U nas zaczelo sie od dmuchania swieczki. Pamietam jak dzis, to byly cudowne chwile, gdy Julcio zaczal mowic pierwsze wyrazy. Mnie rowniez zainteresowala metoda krakowska, ale zanim dostalam pare cd to Julcio juz mowil zdaniami

wiec tak wlasciwie, na kazdego przychodzi kolej.
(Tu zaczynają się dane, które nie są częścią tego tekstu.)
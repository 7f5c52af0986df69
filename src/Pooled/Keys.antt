-- ===== src/Pooled/Keys.antt =====
-- The index of src/pooled_order_book.cpp beside that of src/order_book.cpp: the same keys under
-- `find`, `erase` and `emplace`.
use orda_book.Prelude.{
  ℕ, ◌==◌, ◌≡◌, ◌≢◌, refl, ap, if◌then◌else◌, Bool, false, ◌||◌, none, some, List, [], ◌∷◌, All,
  ==_iff, ◌∙◌, Bool-cases, Option-cases, inl, inr, arith,
}
use orda_book.OrderBook.State.{
  OrderIndex, find_location, erase_location, emplace_location, OrderLocation,
}
use orda_book.Pooled.State.{SlotIndex, SlotMap, find_slot, erase_slot, emplace_slot}
use orda_book.Pooled.Linked.{Cell}

abbrev pub slot_keys : SlotMap → List ℕ
slot_keys [] = []
slot_keys ((key, slot) ∷ index) = key ∷ slot_keys index

abbrev pub location_keys : OrderIndex → List ℕ
location_keys [] = []
location_keys ((key, location) ∷ index) = key ∷ location_keys index

has_key : ℕ → List ℕ → Bool
has_key id [] = false
has_key id (key ∷ keys) = key == id || has_key id keys

drop_key : ℕ → List ℕ → List ℕ
drop_key id [] = []
drop_key id (key ∷ keys) = if key == id then drop_key id keys else key ∷ drop_key id keys

slot_keys-erase_slot :
    (id : ℕ) (index : SlotMap) → slot_keys (erase_slot id index) ≡ drop_key id (slot_keys index)
unfolding erase_slot drop_key
slot_keys-erase_slot id [] = refl
slot_keys-erase_slot id ((key, slot) ∷ index) = ground (arith, slot_keys-erase_slot id index)

location_keys-erase_location :
    (id : ℕ) (index : OrderIndex)
    → location_keys (erase_location id index) ≡ drop_key id (location_keys index)
unfolding erase_location drop_key
location_keys-erase_location id [] = refl
location_keys-erase_location id ((key, l) ∷ index) =
    ground (arith, location_keys-erase_location id index)

pub erase_keys :
    (id : ℕ) (p : SlotMap) (b : OrderIndex)
    → slot_keys p ≡ location_keys b
    → slot_keys (erase_slot id p) ≡ location_keys (erase_location id b)
erase_keys id p b e = rw (slot_keys-erase_slot id p, location_keys-erase_location id b, e) refl

find_slot-has_key :
    (id : ℕ) (index : SlotMap) → find_slot id index ≡ none → has_key id (slot_keys index) ≡ false
unfolding find_slot has_key
find_slot-has_key id [] h = refl
find_slot-has_key id ((key, slot) ∷ index) h = ground (arith, find_slot-has_key id index)

has_key-find_slot :
    (id : ℕ) (index : SlotMap) → has_key id (slot_keys index) ≡ false → find_slot id index ≡ none
unfolding find_slot has_key
has_key-find_slot id [] h = refl
has_key-find_slot id ((key, slot) ∷ index) h = ground (arith, has_key-find_slot id index)

find_location-has_key :
    (id : ℕ) (index : OrderIndex)
    → find_location id index ≡ none
    → has_key id (location_keys index) ≡ false
unfolding find_location has_key
find_location-has_key id [] h = refl
find_location-has_key id ((key, l) ∷ index) h = ground (arith, find_location-has_key id index)

has_key-find_location :
    (id : ℕ) (index : OrderIndex)
    → has_key id (location_keys index) ≡ false
    → find_location id index ≡ none
unfolding find_location has_key
has_key-find_location id [] h = refl
has_key-find_location id ((key, l) ∷ index) h = ground (arith, has_key-find_location id index)

-- An id is missing from both indexes or from neither.
pub find_none :
    (id : ℕ) (p : SlotMap) (b : OrderIndex)
    → slot_keys p ≡ location_keys b
    → find_slot id p ≡ none
    → find_location id b ≡ none
find_none id p b e h = has_key-find_location id b (rw e at (find_slot-has_key id p h))

pub find_some :
    (id : ℕ) (p : SlotMap) (b : OrderIndex) (i : SlotIndex)
    → slot_keys p ≡ location_keys b
    → find_slot id p ≡ some i
    → (l : OrderLocation) × (find_location id b ≡ some l)
find_some id p b i e h = elim (Option-cases (find_location id b)) [
  | inr f ↦ f
  | inl n ↦
      let m : find_slot id p ≡ none =
        has_key-find_slot id p (rw (← e) at (find_location-has_key id b n)) in
      absurd (cc)
]

pub emplace_keys :
    (id : ℕ) (i : SlotIndex) (l : OrderLocation) (p : SlotMap) (b : OrderIndex)
    → slot_keys p ≡ location_keys b
    → find_slot id p ≡ none
    → slot_keys (emplace_slot id i p) ≡ location_keys (emplace_location id l b)
unfolding emplace_slot emplace_location
emplace_keys id i l p b e h =
    rw (h, emplace_slot) (rw (find_none id p b e h, emplace_location) (ap (◌∷◌ id) e))

pub find-erase_slot :
    (j id : ℕ) (index : SlotMap)
    → find_slot j (erase_slot id index) ≡ (if id == j then none else find_slot j index)
unfolding find_slot erase_slot
find-erase_slot j id [] = ground arith
find-erase_slot j id ((key, i) ∷ index) = ground (arith, find-erase_slot j id index)

pub find-emplace_slot :
    (j id : ℕ) (i : SlotIndex) (index : SlotMap)
    → find_slot id index ≡ none
    → find_slot j (emplace_slot id i index) ≡ (if id == j then some i else find_slot j index)
unfolding emplace_slot find_slot
find-emplace_slot j id i index h = rw (h, emplace_slot) refl

-- The index has each cell's order at the cell's slot.
abbrev pub Indexed : SlotMap → List Cell → Type 0
Indexed index = All (λ c. find_slot c.order.order_id index ≡ some c.slot)

pub Indexed-frame :
    (p p' : SlotMap) (cs : List Cell)
    → All (λ c. find_slot c.order.order_id p' ≡ find_slot c.order.order_id p) cs
    → Indexed p cs
    → Indexed p' cs
Indexed-frame p p' [] f h = tt
Indexed-frame p p' (c ∷ cs) (e, f) (h, hs) = (rw e h, Indexed-frame p p' cs f hs)

pub Indexed-erase_slot :
    (id : ℕ) (p : SlotMap) (cs : List Cell)
    → All (λ c. c.order.order_id ≢ id) cs
    → Indexed p cs
    → Indexed (erase_slot id p) cs
Indexed-erase_slot id p [] n h = tt
Indexed-erase_slot id p (c ∷ cs) (n, ns) (h, hs) =
    let e = find-erase_slot c.order.order_id id p in
    (ground (arith, e), Indexed-erase_slot id p cs ns hs)

pub Indexed-emplace :
    (id : ℕ) (i : SlotIndex) (p : SlotMap) (cs : List Cell)
    → find_slot id p ≡ none
    → Indexed p cs
    → Indexed (emplace_slot id i p) cs
Indexed-emplace id i p [] n h = tt
Indexed-emplace id i p (c ∷ cs) n (h, hs) =
    let e = find-emplace_slot c.order.order_id id i p n in
    (
      elim (Bool-cases (id == c.order.order_id)) [
        | inl t ↦
            let q = (==_iff id c.order.order_id).0 t in
            let z : find_slot id p ≡ find_slot c.order.order_id p = ap (λ k. find_slot k p) q in
            absurd (cc)
        | inr f ↦ e ∙ rw f h
      ],
      Indexed-emplace id i p cs n hs,
    )
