-- ===== src/Pooled/Matching/Walk.antt =====
-- The outer loop of `match_incoming`, in src/pooled_order_book.cpp as in src/order_book.cpp.
use orda_book.Prelude.{
  ◌+◌, ◌≡◌, ◌≢◌, refl, sym, ap, List, [], ◌∷◌, ◌++◌, All, All-append, All-split, All-mono, All-swap,
  length, length-append, map, arith,
}
use orda_book.OrderBook.Matching
use orda_book.OrderBook.State
use orda_book.Pooled.State.{SlotIndex, PriceLevel}
use orda_book.Pooled.Matching.{Matching}
use orda_book.Pooled.Linked.{Cell, LinkedLevel, pooled_level, base_level, Linked-frame, Apart}
use orda_book.Pooled.Keys.{Indexed-frame}
use orda_book.Pooled.Matching.Tracks.{Agree, Holds, Frame, Frame-trans, Within, Run}

abbrev pub cells_of : List LinkedLevel → List Cell
cells_of [] = []
cells_of (g ∷ gs) = g.cells ++ cells_of gs

-- No cell of the one list has the slot or the id of a cell of the other.
abbrev pub Across : List Cell → List Cell → Type 0
Across cs = All (λ d. All (λ c. Apart c d) cs)

abbrev pub AllHold : Matching → List LinkedLevel → Type 0
AllHold p [] = Unit {0}
AllHold p (g ∷ gs) = Holds p g.cells × Across g.cells (cells_of gs) × AllHold p gs

pub Across-Within :
    (cs cs' ds ds' : List Cell) → Within cs cs' → Within ds ds' → Across cs ds → Across cs' ds'
Across-Within cs cs' ds ds' w v h =
    v (λ i k. All (λ c. (c.slot ≢ i) × (c.order.order_id ≢ k)) cs')
      (All-mono _ _ (λ d. w (λ i k. (i ≢ d.slot) × (k ≢ d.order.order_id))) ds h)

pub Across-sym : (cs ds : List Cell) → Across cs ds → Across ds cs
Across-sym cs ds h =
    All-mono _ _ (λ c. All-mono _ _ (λ d a. ((λ e. a.0 (sym e)), (λ e. a.1 (sym e)))) ds) cs
      (All-swap (λ d c. Apart c d) ds cs h)

pub Holds-Frame :
    (cs ds : List Cell) (p p' : Matching) → Frame cs p p' → Across cs ds → Holds p ds → Holds p' ds
Holds-Frame cs ds p p' f x h = record {
  chain =
      Linked-frame p.pool.slots p'.pool.slots 0 0 ds
        (All-mono _ _ (λ d o. f.slot_kept d.slot (All-mono _ _ (λ c a. a.0) cs o)) ds x) h.chain;
  indexed =
      Indexed-frame p.order_index p'.order_index ds
        (All-mono _ _ (λ d o. f.index_kept d.order.order_id (All-mono _ _ (λ c a. a.1) cs o)) ds x)
        h.indexed;
  distinct = h.distinct;
}

pub AllHold-Frame :
    (cs : List Cell) (gs : List LinkedLevel) (p p' : Matching)
    → Frame cs p p'
    → Across cs (cells_of gs)
    → AllHold p gs
    → AllHold p' gs
AllHold-Frame cs [] p p' f x h = tt
AllHold-Frame cs (g ∷ gs) p p' f x (h, a, hs) =
    let (y, z) = All-split (λ d. All (λ c. Apart c d) cs) g.cells (cells_of gs) x in
    (Holds-Frame cs g.cells p p' f y h, a, AllHold-Frame cs gs p p' f z hs)

pub Within-append :
    (cs cs' ds ds' : List Cell) → Within cs cs' → Within ds ds' → Within (cs ++ ds) (cs' ++ ds')
Within-append cs cs' ds ds' w v P h =
    let (a, b) = All-split (λ c. P c.slot c.order.order_id) cs ds h in
    All-append _ cs' ds' (w P a) (v P b)

-- A frame of fewer cells is one of more.
Frame-grow : (cs cs' : List Cell) (p p' : Matching) → Within cs' cs → Frame cs p p' → Frame cs' p p'
Frame-grow cs cs' p p' w f = record {
  slot_kept = λ j o. f.slot_kept j (w (λ i _. i ≢ j) o);
  index_kept = λ id o. f.index_kept id (w (λ _ k. k ≢ id) o);
}

-- From a side's levels, the two loops leave the same levels.
pub record Walked (gs : List LinkedLevel) (frees : List SlotIndex) (p : Matching)
    (r : List PriceLevel × Matching) (b : List State.PriceLevel × Matching.Matching) : Type 1 where
  pub levels : List LinkedLevel
  pub left : List SlotIndex
  pub pooled : r.0 ≡ map pooled_level levels
  pub base : b.0 ≡ map base_level levels
  pub agree : Agree r.1 b.1 left
  pub hold : AllHold r.1 levels
  pub within : Within (cells_of gs) (cells_of levels)
  pub frame : Frame (cells_of gs) p r.1
  pub slots_kept : length left + length (cells_of levels) ≡ length frees + length (cells_of gs)

pub Walked-stop :
    (gs : List LinkedLevel) (frees : List SlotIndex) (p : Matching) (b : Matching.Matching)
    → Agree p b frees
    → AllHold p gs
    → Walked gs frees p (map pooled_level gs, p) (map base_level gs, b)
Walked-stop gs frees p b a h = record {
  levels = gs;
  left = frees;
  pooled = refl;
  base = refl;
  agree = a;
  hold = h;
  within = λ P q. q;
  frame = record { slot_kept = λ j o. refl; index_kept = λ id o. refl };
  slots_kept = refl;
}

module _ (g : LinkedLevel) (gs : List LinkedLevel) (frees : List SlotIndex) (p : Matching)
    (r : PriceLevel × Matching) (b : State.PriceLevel × Matching.Matching)
    (x : Across g.cells (cells_of gs)) (run : Run g frees p r b) (rest : List PriceLevel × Matching)
    (base_rest : List State.PriceLevel × Matching.Matching)
    (walk : Walked gs run.left r.1 rest base_rest) where
  walked-Frame : Frame (g.cells ++ cells_of gs) p rest.1
  walked-Frame =
      let v : Within (g.cells ++ cells_of gs) g.cells =
        λ P h. (All-split (λ c. P c.slot c.order.order_id) g.cells (cells_of gs) h).0 in
      let w : Within (g.cells ++ cells_of gs) (cells_of gs) =
        λ P h. (All-split (λ c. P c.slot c.order.order_id) g.cells (cells_of gs) h).1 in
      Frame-trans (g.cells ++ cells_of gs) (g.cells ++ cells_of gs) p r.1 rest.1 (λ P h. h)
        (Frame-grow g.cells _ p r.1 v run.frame)
        (Frame-grow (cells_of gs) _ r.1 rest.1 w walk.frame)

  -- The level stays.
  pub walked_kept : Walked (g ∷ gs) frees p (r.0 ∷ rest.0, rest.1) (b.0 ∷ base_rest.0, base_rest.1)
  walked_kept = record {
    levels = run.level ∷ walk.levels;
    left = walk.left;
    pooled = rw (run.pooled, walk.pooled) refl;
    base = rw (run.base, walk.base) refl;
    agree = walk.agree;
    hold = (
      Holds-Frame (cells_of gs) run.level.cells r.1 rest.1 walk.frame
          (Across-sym run.level.cells (cells_of gs) (
            Across-Within g.cells run.level.cells (cells_of gs) (cells_of gs) run.within (λ P h. h)
              x))
          run.holds,
      Across-Within g.cells run.level.cells (cells_of gs) (cells_of walk.levels) run.within
          walk.within x,
      walk.hold,
    );
    within =
        Within-append g.cells run.level.cells (cells_of gs) (cells_of walk.levels) run.within
          walk.within;
    frame = walked-Frame;
    slots_kept = omega (
      arith,
      length-append g.cells (cells_of gs),
      length-append run.level.cells (cells_of walk.levels),
      run.slots_kept,
      walk.slots_kept,
    );
  }

  -- The level is erased.
  pub walked_erased : run.level.cells ≡ [] → Walked (g ∷ gs) frees p rest base_rest
  walked_erased e = record {
    levels = walk.levels;
    left = walk.left;
    pooled = walk.pooled;
    base = walk.base;
    agree = walk.agree;
    hold = walk.hold;
    within = Within-append g.cells [] (cells_of gs) (cells_of walk.levels) (λ P h. tt) walk.within;
    frame = walked-Frame;
    slots_kept =
        omega (
          arith,
          length-append g.cells (cells_of gs),
          ap length e,
          run.slots_kept,
          walk.slots_kept,
        );
  }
Pewnie gdybysmy cwiczyli ta metoda wczesniej to bym jej zawdzieczala rozwoj mowy. I w tym caly sek, w wielu przypadkach przypisuje sie, ze to terapia zczynila cuda, ale tak wlasciwie to nigdy sie nie dowiemy czy dziecko nie osiagneloby tego samego poziomu bez terapii. To taka moja tam opinia.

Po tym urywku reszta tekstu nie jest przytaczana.